After estimating the OD matrix of Tehran at ZL 1, the OD matrix is aggregated on ZL 2 to be used in the present study. The aggregation eliminates the sparsity of the OD matrix, leading to a 122 × 122 matrix during investigation. The whole stages of choosing and clustering similar zones are determined in ZL 2. The five parameters consist of the ratio of the employees to the total population, car ownership per capita, area of administrative land uses, area of commercial land uses, and population aggregated for each zone on ZL 2. The zones with the highest similarity in producing and attracting trips are clustered, as shown in Table 1. The group of zones with the highest scores is classified as SLP Group5, and the other zones are classified accordingly.

Figure 7 indicates the number of zones in each cluster. The local windows used in the SLPSSI equations are defined on the zones with similarity on ZL 2 (Figure 8).

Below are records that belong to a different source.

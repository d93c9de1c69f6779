-- ===== src/Filters/Services.antt =====
-- kolla_ansible/filters.py. Jinja's `bool` filter, which `_call_bool_filter` calls, is a parameter.
pub mod Selected
use irnmn.Prelude.{
  String, Bool, true, false, not, ◌&&◌, ◌||◌, ◌==◌, List, [], ◌∷◌, ◌++◌, any, ◌&◌, if◌then◌else◌,
}
use irnmn.Values.{Value, null, text, boolean, value_eq}
use irnmn.Effect.{Result, ok, err, filter_error}

-- A service definition; `label` is its container name, or `<unknown>`, and `haproxy` is empty where
-- the definition has none.
pub record Service (H : Type 0) : Type 0 where
  pub label : String
  pub enabled : Value
  pub haproxy : List (String × H)
  pub host_in_groups : Value
  pub group : Value

-- `not set(haproxy).isdisjoint(set(service_haproxy))`
unfoldable pub share_name : {H : Type 0} → List (String × H) → List (String × H) → Bool
share_name found [] = false
share_name found (entry ∷ rest) = any (λ f. f.0 == entry.0) found || share_name found rest

abbrev pub mapped_by_group : List String → String → Value → Result Bool
mapped_by_group group_names label null = err (
    filter_error (
      "Service definition for '" & label
      & "' does not have a 'group' or 'host_in_groups' attribute"))
mapped_by_group group_names label group =
    ok (any (λ g. value_eq group (text g)) group_names || value_eq group (text "all"))

-- `a and b`
abbrev pub and_then : Result Bool → Result Bool → Result Bool
and_then (err e) b = err e
and_then (ok false) b = ok false
and_then (ok true) b = b

module _ {H : Type 0} where
  -- One service of the loop, by whether it is enabled, and the services after it.
  abbrev pub add_haproxy :
      Result Bool
      → List (String × H)
      → List (String × H)
      → (List (String × H) → Result (List (String × H)))
      → Result (List (String × H))
  add_haproxy (err e) found entries later = err e
  add_haproxy (ok false) found entries later = later found
  add_haproxy (ok true) found entries later =
      if share_name found entries
      then err (filter_error "haproxy service names should be unique")
      else later (found ++ entries)

  abbrev pub keep_if :
      Result Bool → Service H → Result (List (Service H)) → Result (List (Service H))
  keep_if (err e) service later = err e
  keep_if (ok kept) service (err e) = err e
  keep_if (ok kept) service (ok services) = ok (if kept then service ∷ services else services)

module _ (call_bool_filter : Value → Result Bool) where
  abbrev pub bool_or : Value → String → Result Bool
  bool_or null message = err (filter_error message)
  bool_or (text s) message = call_bool_filter (text s)
  bool_or (boolean b) message = call_bool_filter (boolean b)

module _ {H : Type 0} (call_bool_filter : Value → Result Bool) where
  unfoldable pub service_enabled : Service H → Result Bool
  service_enabled service =
      bool_or call_bool_filter service.enabled
        ("Service definition for '" & service.label & "' does not have an 'enabled' attribute")

  -- The loop, with the entries found so far; entries with new names are added at the end.
  unfoldable pub haproxy_from : List (String × H) → List (Service H) → Result (List (String × H))
  unfolding service_enabled share_name
  haproxy_from found [] = ok found
  haproxy_from found (service ∷ rest) =
      add_haproxy (service_enabled service) found service.haproxy (λ found. haproxy_from found rest)

  unfoldable pub extract_haproxy_services : List (Service H) → Result (List (String × H))
  unfolding haproxy_from
  extract_haproxy_services services = haproxy_from [] services

  abbrev pub mapped_by : List String → Service H → Value → Result Bool
  mapped_by group_names service null = mapped_by_group group_names service.label service.group
  mapped_by group_names service (text s) = call_bool_filter (text s)
  mapped_by group_names service (boolean b) = call_bool_filter (boolean b)

  unfoldable pub service_mapped_to_host : List String → Service H → Result Bool
  service_mapped_to_host group_names service = mapped_by group_names service service.host_in_groups

  unfoldable pub service_enabled_and_mapped_to_host : List String → Service H → Result Bool
  unfolding service_enabled service_mapped_to_host
  service_enabled_and_mapped_to_host group_names service =
      and_then (service_enabled service) (service_mapped_to_host group_names service)

  -- The services in their order; the caller keeps their names.
  unfoldable pub select_services : List String → List (Service H) → Result (List (Service H))
  unfolding service_enabled_and_mapped_to_host
  select_services group_names [] = ok []
  select_services group_names (service ∷ rest) =
      keep_if (service_enabled_and_mapped_to_host group_names service) service
        (select_services group_names rest)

The suggested method is also compared with basic MSSIM and GSSI to evaluate its performance and advantage. Accordingly, to design local windows in the GSSI method, 122 urban zones (ZL 2) are divided into northern, southern, eastern, western, and central zones in a higher layer as shown in Figure 9.

#### 4. Results

In this section, the results of the proposed method (SLPSSI) are compared with MSSIM and GSSI and its advantages are discussed. It should be noted that the working days in Iran are from Saturday to Wednesday, Thursday is the weekend of many companies and offices, and also Friday is the national weekend.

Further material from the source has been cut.